• _About this task_: Copy out exactly the lines below that run from the one holding "(entries : List (ℕ × ScheduledDeadline))" to the one holding "occurs_keys k r [] ((j, e)", keeping both of those lines and no others.

---+---

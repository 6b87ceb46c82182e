-- ===== src/Runtime/Deadline/Placed.antt =====
-- deadline.rs: where each registration is while the sections of the scheduler interleave.
use easycon_sdk.Common.{
  ℕ, suc, ◌+◌, ◌^◌, ◌<◌, ◌≡◌, ap, refl, ltb, leb, ◌==◌, ◌&&◌, Bool, List, [], ◌∷◌, ◌++◌, arith,
  if◌then◌else◌, is_some,
}
use easycon_sdk.Runtime.Table.{occurs, occurs-remove, occurs-get, occurs_sum}
use easycon_sdk.Runtime.Deadline.{
  DeadlineResolution, fired, runtime_closed, Due, collect_due, push, sort_keys, ScheduledDeadline,
  PendingDeadline, pending_keys, entry_keys,
}
use easycon_sdk.Runtime.Deadline.Fire.{IsScheduled}
use easycon_sdk.Runtime.Deadline.Due.{Fires, collect_due-Fires}
use easycon_sdk.Runtime.Deadline.Scheduler.{
  DeadlineScheduler, Call, take_id, admit, commit_one, abandon_one, fire_one, disarm_one,
  resolve_one, seal_one, drain_one, ask_next, step, tag_due, tag_keys,
}

abbrev pub is_resolved : DeadlineScheduler → ℕ → Bool
is_resolved w k = is_some ((w.signals k).outcome)

-- The places of a registration, from the one that takes its id to its outcome.
abbrev pub places : ℕ → DeadlineScheduler → ℕ
places k w =
    occurs k w.reserving
    + occurs k w.turned_down
    + occurs k w.state.pending
    + occurs k w.state.entries
    + occurs k w.handed
    + (if is_resolved w k then 1 else 0)

abbrev pub given : ℕ → DeadlineScheduler → ℕ
given k w = if leb 1 k && ltb k w.next_id then 1 else 0

abbrev pub IsPlaced : DeadlineScheduler → Type 0
IsPlaced w = (k : ℕ) → places k w ≡ given k w

-- With that many calls to come no counter overflows.
pub record IsCounting (left : ℕ) (w : DeadlineScheduler) : Type 0 where
  pub ids : 0 < w.next_id
  pub ids_left : w.next_id + left < 2 ^ 64
  pub orders : 0 < w.next_resolution_order
  pub orders_left : w.next_resolution_order + left < 2 ^ 64

pub take_id-IsPlaced :
    (target left : ℕ) (w : DeadlineScheduler)
    → IsCounting (suc left) w
    → IsPlaced w
    → IsPlaced (step (take_id target) w)
unfolding step
take_id-IsPlaced target left w c h k = ground (arith, h k)

pub admit-IsPlaced : (id : ℕ) (w : DeadlineScheduler) → IsPlaced w → IsPlaced (step (admit id) w)
unfolding step
admit-IsPlaced id w h k = ground (
  arith,
  h k,
  occurs-remove k id w.reserving,
  occurs-remove k id w.state.pending,
  occurs-get id w.reserving,
)

pub commit_one-IsPlaced :
    (id trace : ℕ) (w : DeadlineScheduler) → IsPlaced w → IsPlaced (step (commit_one id trace) w)
unfolding step
commit_one-IsPlaced id trace w h k = ground (
  arith,
  h k,
  occurs-remove k id w.state.pending,
  occurs-remove k id w.state.entries,
  occurs-get id w.state.pending,
)

pub abandon_one-IsPlaced :
    (id : ℕ) (w : DeadlineScheduler) → IsPlaced w → IsPlaced (step (abandon_one id) w)
unfolding step
abandon_one-IsPlaced id w h k =
    ground (arith, h k, occurs-remove k id w.state.pending, occurs-get id w.state.pending)

occurs-tag_due :
    (k : ℕ) (r : DeadlineResolution) (due : Due) → occurs k (tag_due r due) ≡ occurs k due
occurs-tag_due k r [] = refl
occurs-tag_due k r ((i, e) ∷ due) = omega (arith, occurs-tag_due k r due)

pub fire_one-IsPlaced :
    (now : ℕ) (w : DeadlineScheduler)
    → IsScheduled w.state
    → IsPlaced w
    → IsPlaced (step (fire_one now) w)
unfolding step
fire_one-IsPlaced now w v h k =
    let f : Fires now w.state (collect_due w.state now).0 (collect_due w.state now).1 =
      collect_due-Fires now w.state v in
    let due = (collect_due w.state now).1 in
    let same : occurs k (collect_due w.state now).0.pending ≡ occurs k w.state.pending =
      ap (occurs k) f.keeps_pending in
    omega (
      arith,
      h k,
      f.leaves k,
      same,
      occurs_sum k w.handed (tag_due fired due),
      occurs-tag_due k fired due,
    )

pub disarm_one-IsPlaced :
    (id : ℕ) (w : DeadlineScheduler) → IsPlaced w → IsPlaced (step (disarm_one id) w)
unfolding step
disarm_one-IsPlaced id w h k = ground (
  arith,
  h k,
  occurs-remove k id w.state.entries,
  occurs-get id w.state.entries,
  occurs_sum k w.handed ((id, DeadlineResolution.disarmed) ∷ []),
  occurs_sum k w.handed [],
)

pub resolve_one-IsPlaced :
    (id left : ℕ) (w : DeadlineScheduler)
    → IsCounting (suc left) w
    → IsPlaced w
    → IsPlaced (step (resolve_one id) w)
unfolding step
resolve_one-IsPlaced id left w c h k =
    ground (arith, h k, occurs-remove k id w.handed, occurs-get id w.handed)

occurs-push :
    (k : ℕ) (r : DeadlineResolution) (t i : ℕ) (q : List (ℕ × ℕ))
    → occurs k (tag_keys r (push t i q)) ≡ (if k == i then 1 else 0) + occurs k (tag_keys r q)
occurs-push k r t i [] = refl
occurs-push k r t i ((u, j) ∷ q) = ground (arith, occurs-push k r t i q)

occurs-sort_keys :
    (k : ℕ) (r : DeadlineResolution) (keys : List (ℕ × ℕ))
    → occurs k (tag_keys r (sort_keys keys)) ≡ occurs k (tag_keys r keys)
occurs-sort_keys k r [] = refl
occurs-sort_keys k r ((t, i) ∷ keys) =
    omega (arith, occurs-push k r t i (sort_keys keys), occurs-sort_keys k r keys)

occurs_keys :
    (k : ℕ) (r : DeadlineResolution) (pending : List (ℕ × PendingDeadline))
    (entries : List (ℕ × ScheduledDeadline))
    → occurs k (tag_keys r (pending_keys pending ++ entry_keys entries))
      ≡ occurs k pending + occurs k entries
occurs_keys k r [] [] = omega arith
occurs_keys k r [] ((j, e) ∷ entries) = omega (arith, occurs_keys k r [] entries)
occurs_keys k r ((j, p) ∷ pending) entries = omega (arith, occurs_keys k r pending entries)

pub drain_one-IsPlaced : (w : DeadlineScheduler) → IsPlaced w → IsPlaced (step drain_one w)
unfolding step
drain_one-IsPlaced w h k =
    let keys = pending_keys w.state.pending ++ entry_keys w.state.entries in
    ground (
      arith,
      h k,
      occurs_sum k w.handed (tag_keys runtime_closed (sort_keys keys)),
      occurs-sort_keys k runtime_closed keys,
      occurs_keys k runtime_closed w.state.pending w.state.entries,
    )

-- No step but those that begin and end a registration changes the counters.
pub step-IsCounting :
    (c : Call) (left : ℕ) (w : DeadlineScheduler)
    → IsCounting (suc left) w
    → IsCounting left (step c w)
unfolding step
step-IsCounting (take_id target) left w c = ground arith
step-IsCounting (admit id) left w c = ground arith
step-IsCounting (commit_one id trace) left w c = ground arith
step-IsCounting (abandon_one id) left w c = ground arith
step-IsCounting (fire_one now) left w c = ground arith
step-IsCounting (disarm_one id) left w c = ground arith
step-IsCounting (resolve_one id) left w c = ground arith
step-IsCounting seal_one left w c = ground arith
step-IsCounting drain_one left w c = ground arith
step-IsCounting ask_next left w c = ground arith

---+---

• _Response area_:
    (entries : List (ℕ × ScheduledDeadline))
    → occurs k (tag_keys r (pending_keys pending ++ entry_keys entries))
      ≡ occurs k pending + occurs k entries
occurs_keys k r [] [] = omega arith
occurs_keys k r [] ((j, e) ∷ entries) = omega (arith, occurs_keys k r [] entries)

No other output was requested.